Lee Smolin has gone down a different track but with similar spirit of sorts. Carlo poked fun at Lee for all the work they've done together despite disagreeing on so much in his recent talk[1] at Lee's Fest[2].
Smolin has named his approach the Causal Theory of Views, in which he postulates that spacetime emerges from events, ie relational interactions. This[3] interview, which is a few years old now, contains a decent high-level explanation. The idea that kinda overlaps with Rovelli he explains like this:
The theory that I've been looking for would take advantage of the fact that the notion of locality and nonlocality is key to understanding quantum mechanics, and then try to understand that with the lens of the unification of quantum physics with space and time, which is quantum gravity.
In both approaches, there's a principle, which is the idea of relational physics—that the degrees of freedom, the properties of whatever it is that's dynamical that you're studying, arises from dynamical relationships with other degrees of freedom.
In other words, you don't have absolute space, you don't have particles that occupy points or follow paths or trajectories in absolute space. You have many particles which, between them, allow you to define relative motion.
Lee has given several talks[4] at PIRSA since that interview with more details as he's developed his idea.
So while both go hard on the relational aspect, they disagree on some fundamental things. Rovelli thinks time is an illusion, but in Lee's CTV time is real and space is the illusion (emergent).
Who knows if it'll pan out or be a dead end, but since the quantum physics community has been headbutting the fundamental issues with little progress for so many decades, it seems prudent to try some bold approaches.
[1]: https://pirsa.org/25060030
[3]: https://www.edge.org/conversation/lee_smolin-the-causal-theo...
And later:
> Our community has wasted a lot of time searching after speculative ideas. What we need instead is to digest the knowledge we already have. And to do that, we need philosophy. Philosophers help us not to find the right answers to given questions, but to find the right questions to better conceptualize reality.
I think it’s odd that a physicists proposes a new theory without suggesting experiments that could falsify the theory.
This is a great interview and I must say I like the man a lot more than I did before. He has articulated something here that I have long felt: that it is as important in politics as it is in philosophy or theoretical physics to be able to state one's assumptions, to suspend one's assumptions for the sake of argument and to drop/change one's assumptions in the face of evidence.
I feel like this is a vital skill that we, as a society, need now maybe more than ever, in literally any field in which there is any meaningful concept of "correct" (which I think is most fields). I also think it's a skill you basically learn at university - and that that is a problem. I don't know what an approach to cultivating it more widely would look like.

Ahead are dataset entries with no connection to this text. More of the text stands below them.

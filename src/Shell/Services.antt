-- ===== src/Shell/Services.antt =====
-- The commands of computekernel_edu/shell.py that act on modules, signals, power, programs or pipes.
pub mod Running
pub mod Answers
use compute_kernel_python.Prelude.{
  ℕ, zero, suc, ◌+◌, ◌<◌, String, Bool, true, false, ◌||◌, Option, none, some, List, [], ◌∷◌, ℤ,
  pos, negsuc, map, length, ◌++◌, if◌then◌else◌,
}
use compute_kernel_python.Prelude.Eq.{◌==◌, nat_eq, string_eq}
use compute_kernel_python.Prelude.Dict.{Dict, get, values}
use compute_kernel_python.Paths.{◌<>◌, is_empty, starts_with}
use compute_kernel_python.Text.{strip, words, lower, upper, or_text}
use compute_kernel_python.Text.Numbers.{ten, sixteen, int_of, show, show_ℤ, digits, pad_zeros}
use compute_kernel_python.Utils.{green, red, yellow, bold, hex_addr, size_fmt}
use compute_kernel_python.Memory.Vmm.{
  Vmm, Fault, unhandled, no_area, protection, satisfied, simulate_page_fault,
}
use compute_kernel_python.Process.{Process}
use compute_kernel_python.Scheduler.{Scheduler, tick_n}
use compute_kernel_python.Modules.{ModuleLoader, load, unload}
use compute_kernel_python.Ipc
use compute_kernel_python.Ipc.{
  Signal, sighup, sigterm, sigkill, sigchld, sigusr1, sigusr2, sigsegv, sigint, sigstop, IpcManager,
  Pipe, create_pipe, on_pipe, send_signal,
}
use compute_kernel_python.Power
use compute_kernel_python.Power.{PowerState, PowerManager}
use compute_kernel_python.Elf
use compute_kernel_python.Elf.{FakeElf, ElfSegment, make_simple}
use compute_kernel_python.Boot.{BootStageResult}
use compute_kernel_python.Boot.Stages.{Machine, encoded}
use compute_kernel_python.KernelState.{Subsystems, KernelState, new_kernel, init, boot, boot_step}
use compute_kernel_python.Shell.Actions.{do_reboot}
use compute_kernel_python.Shell.Replies.{
  Printed, text, grid, content, stage_line, Session, Reply, says, says_text, on_parts, machine_of,
  with_parts, with_machine, verdict, profile_in, first_or,
}

-- `insmod` and `rmmod`, by what they do to the loader.
abbrev on_modules :
    String → String → String → String → (ModuleLoader → Bool × ModuleLoader) → Session → Reply
on_modules usage name good bad f s =
    if is_empty name
    then says_text usage s
    else on_parts "Module loader not initialized."
        (λ parts.
          let (ok, loader) = f parts.module_loader in
          verdict ok ("Module '" <> (name <> good)) (bad <> (name <> "'."))
            (with_parts (record parts { module_loader = loader }) s))
        s

unfoldable pub do_insmod : String → Session → Reply
do_insmod arg s =
    let name = strip arg in
    on_modules "Usage: insmod <name>" name "' loaded." "Failed to load module '" (load name) s

unfoldable pub do_rmmod : String → Session → Reply
do_rmmod arg s =
    let name = strip arg in
    on_modules "Usage: rmmod <name>" name "' unloaded." "Failed to unload module '" (unload name) s

abbrev pub signal_names : Dict String Signal
signal_names =
    ("SIGHUP", sighup)
    ∷ ("SIGTERM", sigterm)
    ∷ ("SIGKILL", sigkill)
    ∷ ("SIGCHLD", sigchld)
    ∷ ("SIGUSR1", sigusr1)
    ∷ ("SIGUSR2", sigusr2)
    ∷ ("SIGSEGV", sigsegv)
    ∷ ("SIGINT", sigint)
    ∷ ("SIGSTOP", sigstop)
    ∷ []

abbrev pub full_name : String → String
full_name name = if starts_with name "SIG" then name else "SIG" <> name

-- No process has a signal table at a negative PID.
abbrev pub send_to : ℤ → Signal → IpcManager → Bool × IpcManager
send_to (pos pid) sig m = send_signal pid sig m
send_to (negsuc pid) sig m = (false, m)

signal_reply : Option ℤ → String → Option Signal → String → Subsystems → Session → Reply
signal_reply none given sig name parts s = says_text "pid must be an integer" s
signal_reply (some pid) given none name parts s = says_text ("Unknown signal: " <> given) s
signal_reply (some pid) given (some sig) name parts s =
    let (ok, ipc) = send_to pid sig parts.ipc in
    verdict ok ("Signal " <> (name <> (" sent to pid=" <> show_ℤ pid)))
      ("Failed to send signal to pid=" <> show_ℤ pid) (with_parts (record parts { ipc = ipc }) s)

signal_words : List String → Session → Reply
unfolding signal_reply
signal_words (pid ∷ given ∷ rest) s =
    let name = full_name (upper given) in
    on_parts "IPC not initialized."
      (λ parts. signal_reply (int_of ten pid) given (get name signal_names) name parts s) s
signal_words _ s = says_text "Usage: signal <pid> <signame>" s

unfoldable pub do_signal : String → Session → Reply
unfolding signal_words
do_signal arg s = signal_words (words (strip arg)) s

abbrev pub power_label : PowerState → String
power_label Power.running = "S0"
power_label Power.suspended = "S3"
power_label Power.hibernated = "S4"
power_label Power.off = "S5"
power_label Power.rebooting = "REBOOT"

abbrev pub power_name : PowerState → String
power_name Power.running = "RUNNING"
power_name Power.suspended = "SUSPEND"
power_name Power.hibernated = "HIBERNATE"
power_name Power.off = "SHUTDOWN"
power_name Power.rebooting = "REBOOT"

abbrev power_to : (PowerManager → PowerManager) → String → Subsystems → Session → Reply
power_to f line parts s = says_text line (with_parts (record parts { power = f parts.power }) s)

power_words : String → Subsystems → Session → Reply
power_words name parts s =
    if name == "shutdown"
    then power_to Power.shutdown
        (yellow "System shutting down (simulated). Type 'reboot' to restart.") parts s
    else if name == "suspend"
    then power_to Power.suspend (yellow "System suspended (S3). Type 'power resume' to wake.") parts
        s
    else if name == "resume"
    then power_to Power.resume (green "System resumed.") parts s
    else if name == "reboot"
    then do_reboot "" s
    else if name == "status"
    then says
        (text (
            "  Power state: "
            <> (power_label parts.power.state <> (" (" <> (power_name parts.power.state <> ")"))))
          ∷ text ("  Transitions: " <> show (length parts.power.transitions))
          ∷ [])
        s
    else says_text "Usage: power <shutdown|suspend|resume|reboot|status>" s

unfoldable pub do_power : String → Session → Reply
unfolding power_words
do_power arg s =
    on_parts "Power manager not initialized." (λ parts. power_words (lower (strip arg)) parts s) s

abbrev pub last_process : List Process → Option Process
last_process [] = none
last_process (p ∷ []) = some p
last_process (p ∷ q ∷ ps) = last_process (q ∷ ps)

abbrev segment_row : ElfSegment → List String
segment_row s = s.seg_type ∷ hex_addr (pos s.vaddr) ∷ size_fmt s.size ∷ s.flags ∷ s.name ∷ []

abbrev elf_lines : FakeElf → List Printed
elf_lines elf =
    text (bold ("ELF binary: '" <> (elf.name <> "' (simulated)")))
    ∷ text ("  Architecture: " <> elf.arch)
    ∷ text ("  Entry point:  0x" <> pad_zeros 16 (digits sixteen elf.entry_point))
    ∷ text ("  Interpreter:  " <> elf.interpreter)
    ∷ text ""
    ∷ grid ("TYPE" ∷ "VADDR" ∷ "SIZE" ∷ "FLAGS" ∷ "NAME" ∷ []) (map segment_row elf.segments)
    ∷ []

-- The line for an entry above 0.
abbrev loaded_line : ℕ → ℤ → List Printed
loaded_line pid (negsuc e) = []
loaded_line pid (pos zero) = []
loaded_line pid (pos (suc e)) =
    text (
      green (
        "\nELF loaded for pid="
        <> (show pid <> (", entry=0x" <> pad_zeros 16 (digits sixteen (suc e))))))
    ∷ []

load_for : FakeElf → Option Process → Subsystems → Session → Reply
load_for elf none parts s = says (elf_lines elf) s
load_for elf (some p) parts s =
    let m = machine_of parts in
    let (entry, vmm) = Elf.load elf p.pid m.vmm in
    says (elf_lines elf ++ loaded_line p.pid entry)
      (with_parts (with_machine (record m { vmm = vmm }) parts) s)

unfoldable pub do_elf : String → Session → Reply
unfolding load_for
do_elf arg s =
    let elf = make_simple (or_text (strip arg) "hello") 0x400000 in
    elim s.kernel.subsystems [
      | none ↦ says (elf_lines elf) s
      | some parts ↦ load_for elf (last_process (values (machine_of parts).processes.table)) parts s
    ]

abbrev message : List ℕ
message = encoded "Hello from the write end of the pipe!\n"

abbrev count_of : ℤ → ℕ
count_of (pos n) = n
count_of (negsuc n) = 0

-- The pipe that was made is written and read through the object that its descriptors lead to.
abbrev pub run_pipe : IpcManager → (ℤ × List ℕ × Pipe) × IpcManager
run_pipe ipc =
    let (pipe, made) = create_pipe ipc in
    let (n, written) = Ipc.write message pipe in
    let (taken, left) = Ipc.read (count_of n) written in
    ((n, taken, left), on_pipe pipe.read_fd (λ p. left) made)

pipe_reply : Subsystems → Session → Reply
pipe_reply parts s =
    let ((n, taken, left), ipc) = run_pipe parts.ipc in
    says
      (text
          ("Pipe created: read_fd=" <> (show left.read_fd <> (" write_fd=" <> show left.write_fd)))
        ∷ text ("Wrote " <> (show_ℤ n <> " bytes to pipe"))
        ∷ text "Read from pipe: "
        ∷ content taken
        ∷ text ("Pipe buffer available: " <> (show (Ipc.available left) <> " bytes"))
        ∷ [])
      (with_parts (record parts { ipc = ipc }) s)

unfoldable pub do_pipe : String → Session → Reply
unfolding pipe_reply
do_pipe arg s = on_parts "IPC not initialized." (λ parts. pipe_reply parts s) s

He still obviously believes in some sort of underlying "reality" in spite of his claims to the contrary.
The wavefunction evolves as if it were a single, global, observer-independent object.Between interactions, nothing “happens” to it. It doesn’t care who’s looking. It just evolves — deterministically, coherently, globally.
This is not a “perspective.” This is a God’s-eye view — the very thing Rovelli says doesn’t exist. If there were no underlying system, how do you compute interference?
He is in practice unable to accept the parsimonious and experimentally supported idea that very simply: regularity is only achieved at the price of generality.
Rovelli says it, but lives in denial. He cannot accept it because it would force him to abandon the global wavefunction — the silent god of his physics.
Huh? But that's an argument for philosophy, not against it. Peacocks were left alone and look where their evolution ended up, such misdirected result won't be beneficial for science.